Recorded data Block Start
-- ===== src/MockApi/Store/Writes.antt =====
-- What `Delete` does to the tables.
use tunnelgate.Prelude.{
  ◌≡◌, ◌∷◌, ◌==◌, ℕ, ap, Bool, false, not, List, [], if-elim, is_empty, keep, All, ℕ_eq, ◌⊎◌, ◌++◌,
  if◌then◌else◌, refl, inl, inr, true, eq_refl,
}
use tunnelgate.Text.{Text, text_eq}
use tunnelgate.MockApi.Types.{StoredApi, ResponseExample}
use tunnelgate.MockApi.Store.{Store, without, delete}
use tunnelgate.MockApi.Store.Exclusive.{Pairs, Apart}
use tunnelgate.MockApi.Store.Split.{NoneHas, row_with_id}
use tunnelgate.MockApi.Store.Valid.{IsValid}

module _ (P : StoredApi → Type 0) (p : StoredApi → Bool) where
  pub All-keep : (apis : List StoredApi) → All P apis → All P (keep p apis)
  All-keep [] h = tt
  All-keep (a ∷ rest) (q, h) =
      if-elim (All P) (p a) _ _ (λ _. (q, All-keep rest h)) (λ _. All-keep rest h)

Pairs-keep :
    (p : StoredApi → Bool) (apis : List StoredApi) → Pairs Apart apis → Pairs Apart (keep p apis)
Pairs-keep p [] h = tt
Pairs-keep p (a ∷ rest) (r, h) =
    if-elim (Pairs Apart) (p a) _ _ (λ _. (All-keep (Apart a) p rest r, Pairs-keep p rest h))
      (λ _. Pairs-keep p rest h)

keep-NoneHas :
    (id : Text) (apis : List StoredApi)
    → NoneHas id apis
    → keep (λ api. not (api.id == id)) apis ≡ apis
keep-NoneHas id [] h = refl
keep-NoneHas id (a ∷ rest) (e, h) = rw e (ap (λ apis. a ∷ apis) (keep-NoneHas id rest h))

matches-NoneHas :
    (id : Text) (apis : List StoredApi) → NoneHas id apis → keep (λ api. api.id == id) apis ≡ []
matches-NoneHas id [] h = refl
matches-NoneHas id (a ∷ rest) (e, h) = rw e (matches-NoneHas id rest h)

module _ (id : Text) (responses : ℕ → List ResponseExample) (k : ℕ) where
  without-NoneHas :
      (apis : List StoredApi) → NoneHas id apis → without apis id responses k ≡ responses k
  without-NoneHas [] h = refl
  without-NoneHas (a ∷ rest) (e, h) = rw e (without-NoneHas rest h)

  module _ (target : StoredApi) (same : (target.id == id) ≡ true) (back : List StoredApi)
      (none_behind : NoneHas id back) where
    keep-split :
        (front : List StoredApi)
        → NoneHas id front
        → keep (λ api. not (api.id == id)) (front ++ target ∷ back) ≡ front ++ back
    keep-split [] h = rw same (keep-NoneHas id back none_behind)
    keep-split (a ∷ front) (e, h) = rw e (ap (λ apis. a ∷ apis) (keep-split front h))

    matches-split :
        (front : List StoredApi)
        → is_empty (keep (λ api. api.id == id) (front ++ target ∷ back)) ≡ false
    matches-split [] = rw same refl
    matches-split (a ∷ front) =
        if-elim (λ (apis : List StoredApi). is_empty apis ≡ false) (a.id == id) _ _ (λ _. refl)
          (λ _. matches-split front)

    without-split :
        (front : List StoredApi)
        → NoneHas id front
        → without (front ++ target ∷ back) id responses k
          ≡ (if target.internal_id == k then [] else responses k)
    without-split [] h =
        rw same
          (ap (λ r. if target.internal_id == k then [] else r) (without-NoneHas back none_behind))
    without-split (a ∷ front) (e, h) = rw e (without-split front h)

-- Deleting an id keeps the invariant of the table. Where that holds, either no row has the id: then the result is
-- `false`, and the rows and the examples are as they were; or one row has it: then the result is
-- `true`, exactly this row is gone and the others are as they were and in their order, its examples
-- are gone, and the examples of every other spec are as they were.
pub delete-exactly_one :
    (store : Store) (id : Text) (k : ℕ)
    → IsValid store
    → IsValid (delete store id).0
      × ((NoneHas id store.apis
            × ((delete store id).1 ≡ false)
            × ((delete store id).0.apis ≡ store.apis)
            × ((delete store id).0.responses k ≡ store.responses k))
          ⊎ ((target : StoredApi) × (front : List StoredApi) × (back : List StoredApi) × (store.apis
                ≡ front ++ target ∷ back)
              × (target.id ≡ id)
              × ((delete store id).1 ≡ true)
              × ((delete store id).0.apis ≡ front ++ back)
              × ((delete store id).0.responses k
                  ≡ (if target.internal_id == k then [] else store.responses k))))
unfolding delete
delete-exactly_one store id k v = (
  record {
    exclusive = Pairs-keep (λ api. not (api.id == id)) store.apis v.exclusive;
    identified =
        All-keep (λ api. is_empty api.id ≡ false) (λ api. not (api.id == id)) store.apis
          v.identified;
  },
  elim (row_with_id id store.apis v.exclusive) [
    | inl h ↦ inl (
      h,
      rw (matches-NoneHas id store.apis h) refl,
      keep-NoneHas id store.apis h,
      without-NoneHas id store.responses k store.apis h,
    )
    | inr s ↦
        let same : (s.target.id == id) ≡ true = rw (s.has_id, eq_refl id) refl in
        inr (
          s.target,
          s.front,
          s.back,
          s.rows,
          s.has_id,
          rw (s.rows, matches-split id store.responses k s.target same s.back s.none_behind s.front)
              refl,
          rw s.rows (
              keep-split id store.responses k s.target same s.back s.none_behind s.front
                s.none_before),
          rw s.rows (
              without-split id store.responses k s.target same s.back s.none_behind s.front
                s.none_before),
        )
  ],
)
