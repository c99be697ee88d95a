-- ===== src/MockApi/Lookup/Scan.antt =====
-- What the loop over the candidates finds, and what the order of the rows leaves as it is.
use mathlib.Core.Path.{subst}
use tunnelgate.Prelude.{
  refl, ◌≡◌, ◌≢◌, ◌⊎◌, ◌&&◌, ◌∷◌, inl, inr, Bool, true, false, Option, none, some, List, [], arith,
  if-elim, Bool-cases, All, ℕ_eq,
}
use tunnelgate.Text.{Text, text_eq}
use tunnelgate.Text.Sort.{text_leb}
use tunnelgate.MockApi.Types.{StoredApi}
use tunnelgate.MockApi.Routes.{Variables}
use tunnelgate.MockApi.Lookup.{is_match, is_taken, keep_first, scan_rows, insert_row, order_rows}

module _ (P : StoredApi → Type 0) where
  All-insert_row :
      (row : StoredApi) (rows : List StoredApi) → P row → All P rows → All P (insert_row row rows)
  unfolding insert_row
  All-insert_row row [] p h = (p, tt)
  All-insert_row row (r ∷ rows) p (q, h) =
      if-elim (All P) (text_leb row.route_path r.route_path) _ _ (λ _. (p, (q, h)))
        (λ _. (q, All-insert_row row rows p h))

  pub All-order_rows : (rows : List StoredApi) → All P rows → All P (order_rows rows)
  unfolding order_rows
  All-order_rows [] h = tt
  All-order_rows (row ∷ rows) (p, h) =
      All-insert_row row (order_rows rows) p (All-order_rows rows h)

  All-of_insert_row :
      (row : StoredApi) (rows : List StoredApi) → All P (insert_row row rows) → P row × All P rows
  unfolding insert_row
  All-of_insert_row row [] h = h
  All-of_insert_row row (r ∷ rows) h =
      if-elim (λ l. All P l → P row × (P r × All P rows)) (text_leb row.route_path r.route_path) _ _
        (λ _ k. (k.0, k.1)) (λ _ k. let (p, q) = All-of_insert_row row rows k.1 in (p, (k.0, q))) h

  pub All-of_order_rows : (rows : List StoredApi) → All P (order_rows rows) → All P rows
  unfolding order_rows
  All-of_order_rows [] h = tt
  All-of_order_rows (row ∷ rows) h =
      let (p, k) = All-of_insert_row row (order_rows rows) h in (p, All-of_order_rows rows k)

module _ (env_vars : Variables) (path : Text) (only : Bool) where
  -- The row that is found has what all rows have, and it matches.
  pub scan_rows-some :
      (P : StoredApi → Type 0) (fallback : Option StoredApi) (rows : List StoredApi)
      (row : StoredApi)
      → All P rows
      → ((r : StoredApi) → fallback ≡ some r → P r × (is_match env_vars path only r ≡ true))
      → scan_rows env_vars path only fallback rows ≡ some row
      → P row × (is_match env_vars path only row ≡ true)
  unfolding scan_rows
  scan_rows-some P fallback [] row h f e = f row e
  scan_rows-some P fallback (r ∷ rows) row (p, h) f e =
      elim (Bool-cases (is_match env_vars path only r)) [
        | inl m ↦ elim (Bool-cases (is_taken env_vars path only r)) [
          | inl t ↦
              let same : r ≡ row = ground arith in
              subst (λ x. P x × (is_match env_vars path only x ≡ true)) same (p, m)
          | inr t ↦
              scan_rows-some P (keep_first env_vars path only fallback r) rows row h
                (kept fallback f m) (rw (m, t) at e)
        ]
        | inr m ↦ scan_rows-some P fallback rows row h f (rw m at e)
      ]
    where
      kept :
          (o : Option StoredApi)
          → ((x : StoredApi) → o ≡ some x → P x × (is_match env_vars path only x ≡ true))
          → is_match env_vars path only r ≡ true
          → (x : StoredApi) → keep_first env_vars path only o r ≡ some x
          → P x × (is_match env_vars path only x ≡ true)
      kept none g m x k =
          let same : r ≡ x = ground arith in
          subst (λ y. P y × (is_match env_vars path only y ≡ true)) same (p, m)
      kept (some first) g m x k = g x k

  -- Something is found if there was something already, or a row matches.
  pub scan_rows-none :
      (fallback : Option StoredApi) (rows : List StoredApi)
      → scan_rows env_vars path only fallback rows ≡ none
      → (fallback ≡ none) × All (λ r. is_match env_vars path only r ≡ false) rows
  unfolding scan_rows
  scan_rows-none fallback [] e = (e, tt)
  scan_rows-none fallback (r ∷ rows) e = elim (Bool-cases (is_match env_vars path only r)) [
    | inl m ↦ elim (Bool-cases (is_taken env_vars path only r)) [
      | inl t ↦ ground arith
      | inr t ↦ absurd (
          held fallback
            (scan_rows-none (keep_first env_vars path only fallback r) rows (rw (m, t) at e)).0)
    ]
    | inr m ↦ let (a, b) = scan_rows-none fallback rows (rw m at e) in (a, (m, b))
  ]
    where
      held : (o : Option StoredApi) → keep_first env_vars path only o r ≢ none
      held none k = cc
      held (some first) k = cc

  -- A row that is not taken at once is found only where no matching row is.
  pub scan_rows-taken :
      (fallback : Option StoredApi) (rows : List StoredApi) (row : StoredApi)
      → scan_rows env_vars path only fallback rows ≡ some row
      → (is_taken env_vars path only row ≡ true)
        ⊎ All (λ r. (is_match env_vars path only r && is_taken env_vars path only r) ≡ false) rows
  unfolding scan_rows
  scan_rows-taken fallback [] row e = inr tt
  scan_rows-taken fallback (r ∷ rows) row e = elim (Bool-cases (is_match env_vars path only r)) [
    | inl m ↦ elim (Bool-cases (is_taken env_vars path only r)) [
      | inl t ↦
          let same : r ≡ row = ground arith in
          inl (subst (λ x. is_taken env_vars path only x ≡ true) same t)
      | inr t ↦
          elim (scan_rows-taken (keep_first env_vars path only fallback r) rows row
            (rw (m, t) at e)) [ inl k ↦ inl k | inr k ↦ inr (rw (m, t) refl, k) ]
    ]
    | inr m ↦ elim (scan_rows-taken fallback rows row (rw m at e)) [
      | inl k ↦ inl k
      | inr k ↦ inr (rw m refl, k)
    ]
  ]
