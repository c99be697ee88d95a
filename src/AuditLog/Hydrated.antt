-- ===== src/AuditLog/Hydrated.antt =====
-- Which spec a record is for after `hydratePostmanExamples`:
-- backend/internal/features/audit-log/service.go.
use tunnelgate.Prelude.{
  refl, ◌≡◌, ◌∙◌, ◌⊎◌, ◌==◌, if◌then◌else◌, ℕ, sym, ap, inl, inr, false, Option, none, some, List,
  [], if-elim, Bool-cases, Option-cases, is_empty, find, All, IsIn, All-IsIn, ℕ_eq,
}
use tunnelgate.Text.{Text, text_eq}
use tunnelgate.MockApi.Types.{StoredApi}
use tunnelgate.MockApi.Store.{Store}
use tunnelgate.MockApi.Store.Exclusive.{All-find}
use tunnelgate.MockApi.Store.Writes.{All-keep}
use tunnelgate.MockApi.Lookup.Scan.{All-order_rows}
use tunnelgate.AuditLog.Types.{PostmanExample, Record}
use tunnelgate.AuditLog.Specs.{
  api_mock_public_id, query_current_spec_by_public_id, match_spec, current_spec_record, examples_of,
  current_spec_postman_examples, known_public_id, with_spec_id, looked_up, with_examples,
  hydrate_postman_examples,
}

module _ (specs : Store) where
  -- The public id of a spec of the tables.
  abbrev IsSpecId : Text → Type 0
  IsSpecId public_id = (spec : StoredApi) × IsIn spec specs.apis × (spec.id ≡ public_id)

  -- The public id of the record's spec is the one given, or that of a spec of the tables.
  abbrev pub IsNamed : Option Text → Record → Type 0
  IsNamed own item =
      (item.api_mock_id ≡ own)
      ⊎ ((spec : StoredApi) × IsIn spec specs.apis × (item.api_mock_id ≡ some spec.id))

  every_row : All (λ api. IsIn api specs.apis) specs.apis
  every_row = All-IsIn (λ api. IsIn api specs.apis) specs.apis (λ api i. i)

  with_spec_id-IsNamed :
      (own : Option Text) (public_id : Text) (item : Record)
      → (is_empty public_id ≡ false → IsSpecId public_id)
      → IsNamed own item
      → IsNamed own (with_spec_id public_id item)
  with_spec_id-IsNamed own public_id item h k =
      if-elim (IsNamed own) (is_empty public_id) _ _ (λ _. k)
        (λ e. let (spec, there_is, same) = h e in inr (spec, there_is, ap some (sym same)))

  found_id-IsSpecId :
      (api_mock_id : ℕ) (public_id : Text)
      → api_mock_public_id specs api_mock_id ≡ some public_id
      → IsSpecId public_id
  found_id-IsSpecId api_mock_id public_id e =
      elim (Option-cases (find (λ (api : StoredApi). api.internal_id == api_mock_id) specs.apis)) [
        | inl k ↦ let none_is = rw (k, api_mock_public_id) at e in cc
        | inr (api, k) ↦ (
          api,
          All-find (λ api. IsIn api specs.apis) _ specs.apis every_row k,
          (let some_is = rw (k, api_mock_public_id) at e in cc),
        )
      ]

  looked_up-IsSpecId :
      (item : Record) → is_empty (looked_up specs item) ≡ false → IsSpecId (looked_up specs item)
  looked_up-IsSpecId item h = elim (Option-cases item.api_mock_db_id) [
    | inl e ↦ let h' = rw (e, looked_up) at h in cc
    | inr (n, e) ↦ elim (Option-cases (api_mock_public_id specs n)) [
      | inl k ↦ let h' = rw (e, k, looked_up) at h in cc
      | inr (public_id, k) ↦ rw (e, k, looked_up) (found_id-IsSpecId n public_id k)
    ]
  ]

  match_spec-IsIn :
      (method route_path : Text) {api : StoredApi}
      → match_spec specs method route_path ≡ some api
      → IsIn api specs.apis
  match_spec-IsIn method route_path e =
      All-find (λ api. IsIn api specs.apis) _ _
        (All-order_rows (λ api. IsIn api specs.apis) _
          (All-keep (λ api. IsIn api specs.apis) _ specs.apis every_row))
        e

  current_spec_record-IsIn :
      (public_id method route_path : Text) {api : StoredApi}
      → current_spec_record specs public_id method route_path ≡ some api
      → IsIn api specs.apis
  unfolding current_spec_record
  current_spec_record-IsIn public_id method route_path e = elim (Bool-cases (is_empty public_id)) [
    | inl h ↦ match_spec-IsIn method route_path (rw h at e)
    | inr h ↦ elim (Option-cases (query_current_spec_by_public_id specs public_id)) [
      | inl k ↦ match_spec-IsIn method route_path (rw (h, k) at e)
      | inr (found, k) ↦
          All-find (λ api. IsIn api specs.apis) (λ api. api.id == public_id) specs.apis every_row
            (k ∙ (rw (h, k) at e))
    ]
  ]

  examples_of-IsSpecId :
      (found : Option StoredApi)
      → ((api : StoredApi) → found ≡ some api → IsIn api specs.apis)
      → is_empty (examples_of specs found).2 ≡ false
      → IsSpecId (examples_of specs found).2
  examples_of-IsSpecId none h e = cc
  examples_of-IsSpecId (some api) h e = (api, h api refl, refl)

  matched-IsSpecId :
      (public_id method route_path : Text)
      → let matched = (current_spec_postman_examples specs public_id method route_path).2 in
        is_empty matched ≡ false → IsSpecId matched
  unfolding current_spec_postman_examples
  matched-IsSpecId public_id method route_path =
      examples_of-IsSpecId (current_spec_record specs public_id method route_path)
        (λ api e. current_spec_record-IsIn public_id method route_path e)

  with_examples-IsNamed :
      (own : Option Text) (examples : List PostmanExample) (status : Option ℕ) (public_id : Text)
      (item : Record)
      → (is_empty public_id ≡ false → IsSpecId public_id)
      → IsNamed own item
      → IsNamed own (with_examples examples status public_id item)
  with_examples-IsNamed own examples status public_id item h k =
      if-elim (IsNamed own) (is_empty examples) _ _ (λ _. k)
        (λ _. with_spec_id-IsNamed own public_id (record item { postman_examples = examples }) h k)

  -- The hydration of a record leaves the public id of its spec, or puts in that of a spec.
  pub hydrate-IsNamed :
      (item : Record) → IsNamed item.api_mock_id (hydrate_postman_examples specs item)
  unfolding hydrate_postman_examples
  hydrate-IsNamed item =
      let cleared = record item { postman_examples = []; postman_example = none } in
      let own = known_public_id cleared in
      let public_id = (if is_empty own then looked_up specs cleared else own) in
      let known = (if is_empty own then with_spec_id public_id cleared else cleared) in
      let named : IsNamed item.api_mock_id known =
        if-elim (IsNamed item.api_mock_id) (is_empty own) _ _
          (λ e.
            with_spec_id-IsNamed item.api_mock_id public_id cleared
              (rw e (looked_up-IsSpecId cleared)) (inl refl))
          (λ _. inl refl) in
      with_examples-IsNamed item.api_mock_id _ _ _ known
        (matched-IsSpecId public_id known.method known.route_path) named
Recorded data Block End
Exercise » Return a word-for-word copy of the lines above from the one holding "(λ _ k. (k.0, k.1))" through the one holding "module _ (env_vars", with both of them included and nothing besides.

Exercise answer »
        (λ _ k. (k.0, k.1)) (λ _ k. let (p, q) = All-of_insert_row row rows k.1 in (p, (k.0, q))) h

  pub All-of_order_rows : (rows : List StoredApi) → All P (order_rows rows) → All P rows
  unfolding order_rows
  All-of_order_rows [] h = tt
  All-of_order_rows (row ∷ rows) h =
      let (p, k) = All-of_insert_row row (order_rows rows) h in (p, All-of_order_rows rows k)

module _ (env_vars : Variables) (path : Text) (only : Bool) where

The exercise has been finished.